After the initial test runs with the 14.8 volt battery (which runs fine), I think it would be happer running with an 18.5.... I have 2 LGB Moguls with the same type of install and they're happier ruuning on 18.5. 

It makes a nice package. Howver, if a sound card and speaker would have been part of the install, things would have been much tighter. 

I don't have images of the install but anyone who might want to do the conversion will be able to see just how it works when the tender shell is removed. 

I'm aware that many comments have been given concerning the plastic wheels on the tender but metal wheels can be purchased from any PIKO dealer (Product # 36161) 

(The above remarks are my observations only. I am not involved finacially, technically nor am I on the payroll for any of the products mentioned.)


----------



## FlagstaffLGB (Jul 15, 2012)

Stan, nice write up....I will try and remember this for a future converstion that I will be attempting. I believe I'm familiar with this PIKO mogul, so when you describe the engine being "happier", does that mean that the power provided by the 14.8 volt battery makes the engine a bit sluggish or not able to run a full speed? I am planning on using the 14.8 volt lithium ion battery you described on an LGB mogul, 21181. Of course, I am at a junction where I could hold out for a larger pack. I know that the new Airwire G3(900), expected out in December as the replacement for the G2 is supposed to run on any battery between 10-28 volts...but as you indicated, many times you don't have the wiring diagrams from the manufacturer of the locomotive to know precisely what the power draw is expected through the motor blocks. Anyway, your thoughts would be appreciated. Without giving away "trade secrets" it would be nice to see the final install in the tender.... Thanks, Ed


----------



## Trains (Jan 2, 2008)

Stan,

I have a few LGB engines and they do run a lot better on 18 volts. If I'm not mistaken they are good up to 22 volts.

Don


----------



## Stan Cedarleaf (Jan 2, 2008)

Posted By Trains on 10 Oct 2012 12:50 PM 
Stan,

I have a few LGB engines and they do run a lot better on 18 volts. If I'm not mistaken they are good up to 22 volts.

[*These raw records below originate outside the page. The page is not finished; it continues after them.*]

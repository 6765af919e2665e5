-- ===== src/Retry/Array.antt =====
-- The slice of the retry heap as an array with a default.
use mathlib.Core.List.{append-nil, perm_middle}
use mathlib.Core.List.Perm
use sse_eventbus_go.Prelude.{
  ℕ, zero, suc, ◌<◌, ◌≡◌, refl, ap, List, [], ◌∷◌, ◌++◌, some, arith, ◌==◌, if◌then◌else◌, length,
  get_elem?, get_or, set, take, length-set, Perm,
}
use sse_eventbus_go.Retry.{RetryEvent, swap, less, before}

abbrev nil_event : RetryEvent
nil_event = record { event = 0; retry_after = 0; retry_order = 0 }

abbrev pub at : List RetryEvent → ℕ → RetryEvent
at h i = get_or h i nil_event

pub get_elem?-at : (h : List RetryEvent) (i : ℕ) → i < length h → get_elem? h i ≡ some (at h i)
get_elem?-at [] i p = absurd (omega arith)
get_elem?-at (x ∷ h) zero p = refl
get_elem?-at (x ∷ h) (suc i) p = get_elem?-at h i (omega arith)

pub at-set :
    (h : List RetryEvent) (i j : ℕ) (v : RetryEvent)
    → i < length h
    → at (set h i v) j ≡ (if i == j then v else at h j)
at-set [] i j v p = absurd (omega arith)
at-set (x ∷ h) zero zero v p = refl
at-set (x ∷ h) zero (suc j) v p = ground arith
at-set (x ∷ h) (suc i) zero v p = ground arith
at-set (x ∷ h) (suc i) (suc j) v p = ground (arith, at-set h i j v)

pub at-append : (h k : List RetryEvent) (i : ℕ) → i < length h → at (h ++ k) i ≡ at h i
at-append [] k i p = absurd (omega arith)
at-append (x ∷ h) k zero p = refl
at-append (x ∷ h) k (suc i) p = at-append h k i (omega arith)

pub at-append_last : (h : List RetryEvent) (x : RetryEvent) → at (h ++ x ∷ []) (length h) ≡ x
at-append_last [] x = refl
at-append_last (y ∷ h) x = at-append_last h x

pub at-take : (n : ℕ) (h : List RetryEvent) (i : ℕ) → i < n → at (take n h) i ≡ at h i
at-take zero h i p = absurd (omega arith)
at-take (suc n) [] i p = refl
at-take (suc n) (x ∷ h) zero p = refl
at-take (suc n) (x ∷ h) (suc i) p = at-take n h i (omega arith)

pub take-append-at : (n : ℕ) (h : List RetryEvent) → length h ≡ suc n → take n h ++ at h n ∷ [] ≡ h
take-append-at n [] e = absurd (omega arith)
take-append-at zero (x ∷ []) e = refl
take-append-at zero (x ∷ y ∷ h) e = absurd (omega arith)
take-append-at (suc n) (x ∷ h) e = ap (◌∷◌ x) (take-append-at n h (omega arith))

pub concat-perm : (h : List RetryEvent) (x : RetryEvent) → Perm (h ++ x ∷ []) (x ∷ h)
concat-perm h x = rw (append-nil h) at (perm_middle {a = x} h [])

set-perm :
    (h : List RetryEvent) (i : ℕ) (v : RetryEvent)
    → i < length h
    → Perm (at h i ∷ set h i v) (v ∷ h)
set-perm [] i v p = absurd (omega arith)
set-perm (x ∷ h) zero v p = Perm.swap v x h
set-perm (x ∷ h) (suc i) v p =
    Perm.trans (Perm.swap x _ _)
      (Perm.trans (Perm.cons x (set-perm h i v (omega arith))) (Perm.swap v x h))

-- The slice after Swap.
abbrev pub swapped : List RetryEvent → ℕ → ℕ → List RetryEvent
swapped h i j = set (set h i (at h j)) j (at h i)

pub length-swapped : (h : List RetryEvent) (i j : ℕ) → length (swapped h i j) ≡ length h
length-swapped h i j = simp length-set

module _ (h : List RetryEvent) (i j : ℕ) (hi : i < length h) (hj : j < length h) where
  pub swap-eq-swapped : swap h i j ≡ some (swapped h i j)
  unfolding swap
  swap-eq-swapped = rw (get_elem?-at h j hj, get_elem?-at h i hi)

  pub less-eq-before : less h i j ≡ some (before (at h i) (at h j))
  unfolding less
  less-eq-before = rw (get_elem?-at h i hi, get_elem?-at h j hj)

  pub at-swapped :
      (c : ℕ)
      → at (swapped h i j) c ≡ (if j == c then at h i else if i == c then at h j else at h c)
  at-swapped c =
      rw (at-set (set h i (at h j)) j c (at h i) (rw length-set hj), at-set h i c (at h j) hi)

  pub swapped-perm : Perm (swapped h i j) h
  swapped-perm =
      let b = set h i (at h j) in
      let kept : at b j ≡ at h j = ground (arith, at-set h i j (at h j)) in
      let second = rw kept at (set-perm b j (at h i) (rw length-set hj)) in
      Perm.cons_inv (Perm.trans second (set-perm h i (at h j) hi))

Thanks for the input, Don.... I know you have many "Red Box" locos in the "lower level".









Ed..... Yes, the translation for "like it better" is will run nicely on higher voltage.









The Mogul converted could handle 18.5 but the opeator has only 14.8 at present. If an 18.5 were to be installed as a changeable, the tender coal load area would need major revision. Not sure how an 18.5 52-5600 would fix as an on borard, permanant mount. 

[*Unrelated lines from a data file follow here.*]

-- ===== src/Retry/Order.antt =====
-- The order of the retry heap, and the rule for calls that do not panic.
use mathlib.Core.List.Perm
use sse_eventbus_go.Prelude.{
  ℕ, zero, suc, ◌+◌, ◌*◌, ◌≤◌, ◌<◌, ◌≡◌, refl, ◌∙◌, Bool, true, false, List, Option, some, Perm,
  arith, ltb, if◌then◌else◌, length,
}
use sse_eventbus_go.Retry.{RetryEvent, before, parent, less, ◌>>=◌}
use sse_eventbus_go.Retry.Array.{
  at, swapped, at-swapped, swapped-perm, length-swapped, less-eq-before,
}

-- A call that neither panics nor runs out of fuel, and whose value has the property.
pub data Gives {ℓ κ} {A : Type ℓ} (Good : A → Type κ) : Option A → Type (ℓ ⊔ κ) where
  gives : {value : A} → Good value → Gives Good (some value)

pub Gives-if {ℓ κ} :
    {A : Type ℓ} {Good : A → Type κ} {first second : Option A} (test : Bool)
    → (test ≡ true → Gives Good first)
    → (test ≡ false → Gives Good second)
    → Gives Good (if test then first else second)
Gives-if true first_ok second_ok = first_ok refl
Gives-if false first_ok second_ok = second_ok refl

pub Gives-map {ℓ κ ι} :
    {A : Type ℓ} {Good : A → Type κ} {Better : A → Type ι} {call : Option A}
    → Gives Good call
    → ((value : A) → Good value → Better value)
    → Gives Better call
Gives-map (gives ok) improve = gives (improve _ ok)

-- The rule for a call whose value the next call takes.
pub Gives-bind {ℓ κ ι μ} :
    {A : Type ℓ} {B : Type ι} {Good : A → Type κ} {Last : B → Type μ} {call : Option A}
    {next : A → Option B}
    → Gives Good call
    → ((value : A) → Good value → Gives Last (next value))
    → Gives Last (call >>= next)
Gives-bind (gives ok) then_next = then_next _ ok

-- Times first, and then the order of scheduling, a uint64, as one number.
abbrev pub rank : RetryEvent → ℕ
rank x = x.retry_after * 18446744073709551616 + x.retry_order

abbrev pub key : List RetryEvent → ℕ → ℕ
key h i = rank (at h i)

abbrev pub AllBounded : List RetryEvent → Type 0
AllBounded h = (i : ℕ) → (at h i).retry_order < 18446744073709551616

pub before-rank :
    (x y : RetryEvent)
    → x.retry_order < 18446744073709551616
    → y.retry_order < 18446744073709551616
    → before x y ≡ ltb (rank x) (rank y)
unfolding before
before-rank x y p q = ground arith

pub less-key :
    (h : List RetryEvent) (i j : ℕ)
    → AllBounded h
    → i < length h
    → j < length h
    → less h i j ≡ some (ltb (key h i) (key h j))
less-key h i j b hi hj = rw (less-eq-before h i j hi hj, before-rank (at h i) (at h j) (b i) (b j))

-- Every edge of the first `n` events whose parent is at `lo` or later is in order.
abbrev pub IsHeapBetween : ℕ → ℕ → List RetryEvent → Type 0
IsHeapBetween lo n h = (c : ℕ) → 0 < c → c < n → lo ≤ parent c → key h (parent c) ≤ key h c

abbrev pub IsHeap : List RetryEvent → Type 0
IsHeap h = IsHeapBetween 0 (length h) h

-- The edges past `i`, from its parent to its children, are in order.
abbrev pub IsBridged : ℕ → ℕ → List RetryEvent → ℕ → Type 0
IsBridged lo n h i =
    (c : ℕ) → 0 < c → c < n → parent c ≡ i → 0 < i → lo ≤ parent i → key h (parent i) ≤ key h c

-- `r` holds the events of `h`, the first `n` in order from `lo`, and the others where they were.
pub record Sifted (lo n : ℕ) (h r : List RetryEvent) : Type 0 where
  pub ordered : IsHeapBetween lo n r
  pub same : Perm r h
  pub others : (c : ℕ) → n ≤ c → at r c ≡ at h c
  pub bounded : AllBounded r
  pub size : length r ≡ length h

pub swapped-AllBounded :
    (h : List RetryEvent) (i j : ℕ)
    → i < length h
    → j < length h
    → AllBounded h
    → AllBounded (swapped h i j)
swapped-AllBounded h i j hi hj b = λ c. ground (arith, at-swapped h i j hi hj c, b c, b i, b j)

pub Sifted-swapped :
    {lo n i j : ℕ} {h : List RetryEvent} {r : Option (List RetryEvent)}
    → i < n
    → j < n
    → n ≤ length h
    → Gives (Sifted lo n (swapped h i j)) r
    → Gives (Sifted lo n h) r
Sifted-swapped {i = i} {j = j} {h = h} hi hj fits run = Gives-map run λ b s. record {
  ordered = s.ordered;
  same = Perm.trans s.same (swapped-perm h i j (omega arith) (omega arith));
  others = λ c p. s.others c p ∙ ground (arith, at-swapped h i j (omega arith) (omega arith) c);
  bounded = s.bounded;
  size = s.size ∙ length-swapped h i j;
}

root_least_below :
    (k n : ℕ) (h : List RetryEvent) (i : ℕ)
    → IsHeapBetween 0 n h
    → i < k
    → i < n
    → key h 0 ≤ key h i
root_least_below zero n h i o f p = absurd (omega arith)
root_least_below (suc k) n h i o f p = ground (arith, o i, root_least_below k n h (parent i) o)

-- The root of a heap comes first.
pub root_least :
    (n : ℕ) (h : List RetryEvent) (i : ℕ) → IsHeapBetween 0 n h → i < n → key h 0 ≤ key h i
root_least n h i o p = root_least_below (suc i) n h i o (omega arith) p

The G2 boards are nicely rated up to 28 voilts and I suspect that the new boards (upcoming release date ???) will have the same or greater capabilities. No "official" information on them as yet.


----------



## Stan Cedarleaf (Jan 2, 2008)

Posted By FlagstaffLGB on 10 Oct 2012 09:48 AM 
Without giving away "trade secrets" it would be nice to see the final install in the tender.... Thanks, Ed I'm sure you'll be able to see the Mogul running in your area quite shortly. Tain't no trade secrets. 

Just look inside after Tom takes off the coal load...


----------



## izzy0855 (Sep 30, 2008)

Stan, 

We did one back in June with the New RailLinx System, throttle, speaker, battery, sound card, receiver and PCB charger all in the tender with no problems. Very nice loco and I love that connector between the loco and tender! 

Rick Isard 
Cordless Renovations, LLC 
RCS America


----------



## Greg Elmassian (Jan 3, 2008)

Pictures? 

Greg


----------



## Stan Cedarleaf (Jan 2, 2008)

Greg... Don't have any images... Sorry...

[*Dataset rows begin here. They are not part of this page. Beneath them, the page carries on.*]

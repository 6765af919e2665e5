-- ===== src/Bus/Worker/Attempts.antt =====
-- The attempts of one event, from its first send to its last.
use mathlib.Core.Bool.{not}
use sse_eventbus_go.Prelude.{
  ℕ, zero, suc, ◌+◌, ◌≤◌, ◌<◌, Bool, true, false, ◌&&◌, some, ◌≡◌, ◌⊎◌, arith, ltb,
}
use sse_eventbus_go.Client.Lifecycle.{send_locked, no_error}
use sse_eventbus_go.Bus.Worker.{Look, Attempted, attempt, attempt_all}
use sse_eventbus_go.Retry.Order.{Gives, gives, Gives-if}

-- What an attempt of an event with `attempts` attempts may return.
pub record IsAttempt (max_attempts attempts : ℕ) (a : Attempted) : Type 0 where
  pub bounded : a.attempts ≤ max_attempts
  pub once : (a.attempts ≡ attempts) ⊎ (a.attempts ≡ attempts + 1)
  pub retried : (a.retry ≡ false) ⊎ ((a.attempts ≡ attempts + 1) × (a.attempts < max_attempts))
  pub removed : (a.unregisters ≡ false) ⊎ (a.attempts ≡ max_attempts)

attempt-IsAttempt :
    (max_attempts : ℕ) (look : Look) (attempts : ℕ)
    → max_attempts < 2147483648
    → attempts ≤ max_attempts
    → IsAttempt max_attempts attempts (attempt max_attempts look attempts)
unfolding attempt send_locked
attempt-IsAttempt max_attempts look attempts small within = record {
  bounded = ground arith;
  once = ground arith;
  retried = ground arith;
  removed = ground arith;
}

-- How the last attempt of an event ends.
pub record IsLast (max_attempts : ℕ) (a : Attempted) : Type 0 where
  pub bounded : a.attempts ≤ max_attempts
  pub no_retry : a.retry ≡ false
  pub removed : (a.unregisters ≡ false) ⊎ (a.attempts ≡ max_attempts)

-- Whatever each attempt meets, an event is attempted no more often than the limit, its attempts come to
-- an end, and its client is removed only when the limit is reached.
pub attempt_all-IsLast :
    (max_attempts : ℕ) (looks : ℕ → Look) (fuel i attempts : ℕ)
    → max_attempts < 2147483648
    → attempts ≤ max_attempts
    → max_attempts < attempts + fuel
    → Gives (IsLast max_attempts) (attempt_all max_attempts looks fuel i attempts)
unfolding attempt_all
attempt_all-IsLast max_attempts looks zero i attempts small within enough = absurd (omega arith)
attempt_all-IsLast max_attempts looks (suc fuel) i attempts small within enough =
    let s = attempt-IsAttempt max_attempts (looks i) attempts small within in
    Gives-if ((attempt max_attempts (looks i) attempts).retry)
      (λ again.
        attempt_all-IsLast max_attempts looks fuel (suc i) _ small s.bounded
          (ground (arith, s.retried)))
      (λ last. gives (record { bounded = s.bounded; no_retry = last; removed = s.removed }))

-- A look at a client that stays current and active while every send fails.
unfoldable pub is_failing : Look → Bool
is_failing look =
    look.current
    && look.active
    && not look.client.inactive
    && not (no_error look.err)
    && look.current_after
    && look.active_after
    && not look.inactive_at_end

failing_attempt :
    (max_attempts : ℕ) (look : Look) (attempts : ℕ)
    → max_attempts < 2147483648
    → attempts < max_attempts
    → is_failing look ≡ true
    → attempt max_attempts look attempts ≡ record {
      retry = ltb (attempts + 1) max_attempts;
      attempts = attempts + 1;
      notified = some look.err;
      unregisters = not (ltb (attempts + 1) max_attempts);
    }
unfolding attempt send_locked is_failing
failing_attempt max_attempts look attempts small within failing = ground arith

-- If every send fails and the client stays current and active, the event is attempted exactly as often
-- as the limit says, and then the client is removed.
pub attempt_all_failing :
    (max_attempts : ℕ) (looks : ℕ → Look) (fuel i attempts : ℕ)
    → max_attempts < 2147483648
    → attempts < max_attempts
    → max_attempts < attempts + fuel
    → ((j : ℕ) → is_failing (looks j) ≡ true)
    → Gives
        (λ a. (a.attempts ≡ max_attempts) × (a.unregisters ≡ true))
        (attempt_all max_attempts looks fuel i attempts)
unfolding attempt_all
attempt_all_failing max_attempts looks zero i attempts small within enough failing =
    absurd (omega arith)
attempt_all_failing max_attempts looks (suc fuel) i attempts small within enough failing =
    rw (failing_attempt max_attempts (looks i) attempts small within (failing i)) (
      Gives-if (ltb (attempts + 1) max_attempts)
        (λ again.
          attempt_all_failing max_attempts looks fuel (suc i) (attempts + 1) small (ground arith)
            (omega arith) failing)
        (λ last. gives (ground arith, ground arith)))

Once the tender shell is pulled, it's quite self explanitory... Don't have to modify the engine at all....


----------



## FlagstaffLGB (Jul 15, 2012)

Oh, I forgot to get back to you Stan, but did get to see Tom P. run the engine you converted for him on his backyard Ponderosa Railroad line. Did very well. Couple of other guests had a few issues with the low clearance under Tom's back yard deck....Stan C. said he was bringing his sawall next time and cut a section out...Ha. Don't think he was having any problems during the 2-3 hours he was running it. Ed


----------



## Stan Cedarleaf (Jan 2, 2008)

Sounds good, Ed... Watch Stan Cornforth closely when he gets tools in his hands...


----------